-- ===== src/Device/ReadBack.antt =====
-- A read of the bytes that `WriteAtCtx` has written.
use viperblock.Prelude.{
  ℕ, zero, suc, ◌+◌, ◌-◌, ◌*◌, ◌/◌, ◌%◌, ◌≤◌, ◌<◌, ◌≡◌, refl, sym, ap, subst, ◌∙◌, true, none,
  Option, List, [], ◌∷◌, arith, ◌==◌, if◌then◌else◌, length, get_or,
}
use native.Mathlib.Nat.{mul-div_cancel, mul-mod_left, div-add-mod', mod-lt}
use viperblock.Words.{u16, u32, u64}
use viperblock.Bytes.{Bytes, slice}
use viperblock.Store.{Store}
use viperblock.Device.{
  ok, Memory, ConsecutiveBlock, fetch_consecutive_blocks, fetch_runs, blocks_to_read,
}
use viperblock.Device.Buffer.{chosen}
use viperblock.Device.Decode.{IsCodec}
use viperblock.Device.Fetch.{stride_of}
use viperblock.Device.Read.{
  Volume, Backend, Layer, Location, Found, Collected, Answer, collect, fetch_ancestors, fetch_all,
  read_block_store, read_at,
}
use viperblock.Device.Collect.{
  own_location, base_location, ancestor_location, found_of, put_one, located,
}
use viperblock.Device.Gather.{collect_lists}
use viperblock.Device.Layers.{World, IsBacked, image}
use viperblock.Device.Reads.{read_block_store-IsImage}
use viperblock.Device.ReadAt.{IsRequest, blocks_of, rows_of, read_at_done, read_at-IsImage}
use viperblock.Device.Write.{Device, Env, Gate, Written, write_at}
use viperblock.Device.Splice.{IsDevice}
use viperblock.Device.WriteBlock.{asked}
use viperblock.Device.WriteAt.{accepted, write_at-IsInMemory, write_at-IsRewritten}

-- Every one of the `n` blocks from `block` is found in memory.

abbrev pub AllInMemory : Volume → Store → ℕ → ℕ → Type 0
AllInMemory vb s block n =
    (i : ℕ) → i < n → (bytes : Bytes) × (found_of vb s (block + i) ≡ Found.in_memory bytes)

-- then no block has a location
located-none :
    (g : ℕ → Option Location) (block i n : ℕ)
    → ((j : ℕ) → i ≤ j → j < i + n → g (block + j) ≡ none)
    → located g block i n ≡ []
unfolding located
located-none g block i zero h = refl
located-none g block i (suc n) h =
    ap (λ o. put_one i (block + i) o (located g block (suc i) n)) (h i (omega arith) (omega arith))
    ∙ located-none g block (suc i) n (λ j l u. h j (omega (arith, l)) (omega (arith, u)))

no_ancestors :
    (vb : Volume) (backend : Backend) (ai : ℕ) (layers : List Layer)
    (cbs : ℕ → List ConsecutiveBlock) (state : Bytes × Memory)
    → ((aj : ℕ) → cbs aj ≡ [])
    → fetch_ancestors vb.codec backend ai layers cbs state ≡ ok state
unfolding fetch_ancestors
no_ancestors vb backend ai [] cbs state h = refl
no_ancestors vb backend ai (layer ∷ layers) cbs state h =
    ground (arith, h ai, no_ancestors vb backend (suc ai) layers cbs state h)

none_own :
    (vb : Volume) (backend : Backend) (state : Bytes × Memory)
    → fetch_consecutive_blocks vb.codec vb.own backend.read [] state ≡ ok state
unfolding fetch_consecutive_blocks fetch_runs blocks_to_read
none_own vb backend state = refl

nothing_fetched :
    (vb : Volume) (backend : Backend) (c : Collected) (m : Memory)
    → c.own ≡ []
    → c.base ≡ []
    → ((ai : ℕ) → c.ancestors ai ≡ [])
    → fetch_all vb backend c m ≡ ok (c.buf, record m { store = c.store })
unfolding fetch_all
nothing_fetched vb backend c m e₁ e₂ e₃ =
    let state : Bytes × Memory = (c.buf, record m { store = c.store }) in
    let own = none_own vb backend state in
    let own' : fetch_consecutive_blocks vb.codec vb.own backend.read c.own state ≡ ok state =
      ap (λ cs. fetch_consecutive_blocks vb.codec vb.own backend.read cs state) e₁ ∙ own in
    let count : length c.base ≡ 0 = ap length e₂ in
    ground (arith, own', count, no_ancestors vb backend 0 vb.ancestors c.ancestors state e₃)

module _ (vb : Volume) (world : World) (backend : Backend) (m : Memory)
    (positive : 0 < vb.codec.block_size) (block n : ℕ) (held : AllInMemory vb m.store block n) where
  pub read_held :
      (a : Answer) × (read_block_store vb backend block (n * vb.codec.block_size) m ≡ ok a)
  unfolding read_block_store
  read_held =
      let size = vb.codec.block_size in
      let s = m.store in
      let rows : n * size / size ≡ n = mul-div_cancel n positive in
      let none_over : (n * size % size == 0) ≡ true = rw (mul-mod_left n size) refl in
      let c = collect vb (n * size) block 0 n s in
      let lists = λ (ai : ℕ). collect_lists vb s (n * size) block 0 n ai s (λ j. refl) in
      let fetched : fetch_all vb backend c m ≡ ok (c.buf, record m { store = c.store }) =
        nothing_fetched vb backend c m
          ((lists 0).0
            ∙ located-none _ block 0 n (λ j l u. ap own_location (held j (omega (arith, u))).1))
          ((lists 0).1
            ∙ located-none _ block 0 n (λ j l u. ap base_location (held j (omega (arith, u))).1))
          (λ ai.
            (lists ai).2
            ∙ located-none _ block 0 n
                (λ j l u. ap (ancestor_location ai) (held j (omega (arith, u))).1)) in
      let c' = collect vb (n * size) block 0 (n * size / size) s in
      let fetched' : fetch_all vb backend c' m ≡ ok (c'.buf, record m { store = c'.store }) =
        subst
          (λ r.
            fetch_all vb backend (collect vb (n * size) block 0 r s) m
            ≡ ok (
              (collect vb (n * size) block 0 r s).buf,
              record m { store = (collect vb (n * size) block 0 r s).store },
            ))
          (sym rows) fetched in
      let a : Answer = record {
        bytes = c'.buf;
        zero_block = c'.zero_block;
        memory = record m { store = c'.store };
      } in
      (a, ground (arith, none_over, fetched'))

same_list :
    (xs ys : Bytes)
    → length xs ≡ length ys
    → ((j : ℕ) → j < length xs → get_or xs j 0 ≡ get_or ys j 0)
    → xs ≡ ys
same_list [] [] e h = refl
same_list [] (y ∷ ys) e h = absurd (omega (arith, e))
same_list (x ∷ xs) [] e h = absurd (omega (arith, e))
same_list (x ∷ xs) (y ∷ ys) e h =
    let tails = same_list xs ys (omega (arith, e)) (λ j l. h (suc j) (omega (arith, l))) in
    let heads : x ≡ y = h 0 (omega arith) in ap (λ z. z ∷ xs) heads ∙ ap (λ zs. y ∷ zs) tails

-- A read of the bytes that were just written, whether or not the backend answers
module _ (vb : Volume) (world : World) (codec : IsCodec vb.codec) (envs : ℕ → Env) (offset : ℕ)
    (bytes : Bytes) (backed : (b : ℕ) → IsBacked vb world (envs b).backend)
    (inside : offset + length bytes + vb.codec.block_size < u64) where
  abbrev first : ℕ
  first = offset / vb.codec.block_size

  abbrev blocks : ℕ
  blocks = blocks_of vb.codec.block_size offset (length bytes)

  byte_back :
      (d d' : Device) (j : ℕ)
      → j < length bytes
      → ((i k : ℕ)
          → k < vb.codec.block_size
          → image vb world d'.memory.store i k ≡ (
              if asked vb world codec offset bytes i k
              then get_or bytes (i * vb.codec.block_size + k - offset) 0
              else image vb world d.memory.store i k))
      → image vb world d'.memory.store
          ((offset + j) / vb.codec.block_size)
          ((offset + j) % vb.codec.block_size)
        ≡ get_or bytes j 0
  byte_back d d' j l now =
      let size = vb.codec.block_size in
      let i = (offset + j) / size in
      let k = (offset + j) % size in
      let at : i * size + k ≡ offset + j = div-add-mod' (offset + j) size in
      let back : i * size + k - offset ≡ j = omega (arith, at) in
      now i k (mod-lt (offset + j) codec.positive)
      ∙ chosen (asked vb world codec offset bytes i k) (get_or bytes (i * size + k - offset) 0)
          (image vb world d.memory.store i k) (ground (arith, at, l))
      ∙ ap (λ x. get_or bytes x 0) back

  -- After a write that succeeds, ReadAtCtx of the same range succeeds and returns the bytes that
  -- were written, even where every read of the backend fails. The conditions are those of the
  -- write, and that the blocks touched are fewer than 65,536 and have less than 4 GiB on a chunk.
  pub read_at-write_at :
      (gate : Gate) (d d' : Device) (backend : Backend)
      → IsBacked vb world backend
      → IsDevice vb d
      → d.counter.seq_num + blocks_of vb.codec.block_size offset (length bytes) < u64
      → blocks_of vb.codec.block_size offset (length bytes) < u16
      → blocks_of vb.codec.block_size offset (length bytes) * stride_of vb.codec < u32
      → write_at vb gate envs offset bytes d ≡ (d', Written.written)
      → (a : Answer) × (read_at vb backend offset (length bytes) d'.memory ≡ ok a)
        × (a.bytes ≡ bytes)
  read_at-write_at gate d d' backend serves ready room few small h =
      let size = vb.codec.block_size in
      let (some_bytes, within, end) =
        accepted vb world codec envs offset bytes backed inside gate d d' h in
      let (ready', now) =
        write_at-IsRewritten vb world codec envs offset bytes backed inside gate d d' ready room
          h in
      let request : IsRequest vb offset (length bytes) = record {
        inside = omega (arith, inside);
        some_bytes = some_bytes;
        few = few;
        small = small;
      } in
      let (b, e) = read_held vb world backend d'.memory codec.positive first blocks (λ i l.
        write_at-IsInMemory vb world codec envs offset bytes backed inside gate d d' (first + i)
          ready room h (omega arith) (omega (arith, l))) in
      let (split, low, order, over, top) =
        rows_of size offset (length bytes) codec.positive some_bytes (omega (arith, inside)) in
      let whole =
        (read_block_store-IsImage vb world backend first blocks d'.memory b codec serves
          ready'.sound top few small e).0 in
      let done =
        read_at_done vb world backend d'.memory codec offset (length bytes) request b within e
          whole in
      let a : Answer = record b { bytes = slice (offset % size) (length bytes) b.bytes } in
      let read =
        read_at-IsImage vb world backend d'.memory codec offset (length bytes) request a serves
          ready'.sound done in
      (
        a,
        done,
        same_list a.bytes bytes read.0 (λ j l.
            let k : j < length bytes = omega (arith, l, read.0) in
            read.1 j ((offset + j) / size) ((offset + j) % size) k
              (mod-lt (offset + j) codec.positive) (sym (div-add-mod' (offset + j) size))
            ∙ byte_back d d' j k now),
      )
□ □ □ □
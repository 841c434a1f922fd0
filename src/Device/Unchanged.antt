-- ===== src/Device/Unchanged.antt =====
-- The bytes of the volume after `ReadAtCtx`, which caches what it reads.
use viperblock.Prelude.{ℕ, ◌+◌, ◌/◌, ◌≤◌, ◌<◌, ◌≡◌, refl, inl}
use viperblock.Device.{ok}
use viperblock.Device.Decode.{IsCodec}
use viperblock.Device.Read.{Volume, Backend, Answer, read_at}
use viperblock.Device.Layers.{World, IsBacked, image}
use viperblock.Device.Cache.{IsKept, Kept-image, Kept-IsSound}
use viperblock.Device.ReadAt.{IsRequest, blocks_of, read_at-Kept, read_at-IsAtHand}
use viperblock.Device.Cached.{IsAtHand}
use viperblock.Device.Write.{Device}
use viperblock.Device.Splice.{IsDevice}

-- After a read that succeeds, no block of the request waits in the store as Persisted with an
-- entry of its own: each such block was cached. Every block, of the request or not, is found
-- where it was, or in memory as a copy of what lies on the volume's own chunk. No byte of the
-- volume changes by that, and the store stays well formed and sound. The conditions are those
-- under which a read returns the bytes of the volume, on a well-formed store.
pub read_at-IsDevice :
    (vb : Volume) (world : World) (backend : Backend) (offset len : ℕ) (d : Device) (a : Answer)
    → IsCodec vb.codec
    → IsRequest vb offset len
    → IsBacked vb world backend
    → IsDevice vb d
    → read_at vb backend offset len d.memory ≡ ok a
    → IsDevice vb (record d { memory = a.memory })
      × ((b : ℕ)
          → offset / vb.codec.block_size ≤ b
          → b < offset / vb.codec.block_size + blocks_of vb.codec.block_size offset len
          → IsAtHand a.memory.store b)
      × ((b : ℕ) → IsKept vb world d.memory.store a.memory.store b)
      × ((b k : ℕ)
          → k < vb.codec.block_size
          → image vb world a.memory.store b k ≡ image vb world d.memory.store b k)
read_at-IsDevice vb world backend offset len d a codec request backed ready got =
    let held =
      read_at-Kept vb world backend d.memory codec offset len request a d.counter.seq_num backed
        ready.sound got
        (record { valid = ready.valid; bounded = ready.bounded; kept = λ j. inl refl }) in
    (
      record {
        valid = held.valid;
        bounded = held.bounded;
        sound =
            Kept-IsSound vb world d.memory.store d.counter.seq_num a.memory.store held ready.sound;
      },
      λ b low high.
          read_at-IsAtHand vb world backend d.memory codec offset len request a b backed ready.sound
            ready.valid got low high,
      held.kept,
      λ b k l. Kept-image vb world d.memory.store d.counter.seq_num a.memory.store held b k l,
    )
□ □ □ □
▶ **Work order**:
Among the entries above, find the line with "bytes) < u16" and the line with "(a.bytes ≡ bytes)"; give again exactly these two lines and all lines between them.

▶ **Task result**:
      → blocks_of vb.codec.block_size offset (length bytes) < u16
      → blocks_of vb.codec.block_size offset (length bytes) * stride_of vb.codec < u32
      → write_at vb gate envs offset bytes d ≡ (d', Written.written)
      → (a : Answer) × (read_at vb backend offset (length bytes) d'.memory ≡ ok a)
        × (a.bytes ≡ bytes)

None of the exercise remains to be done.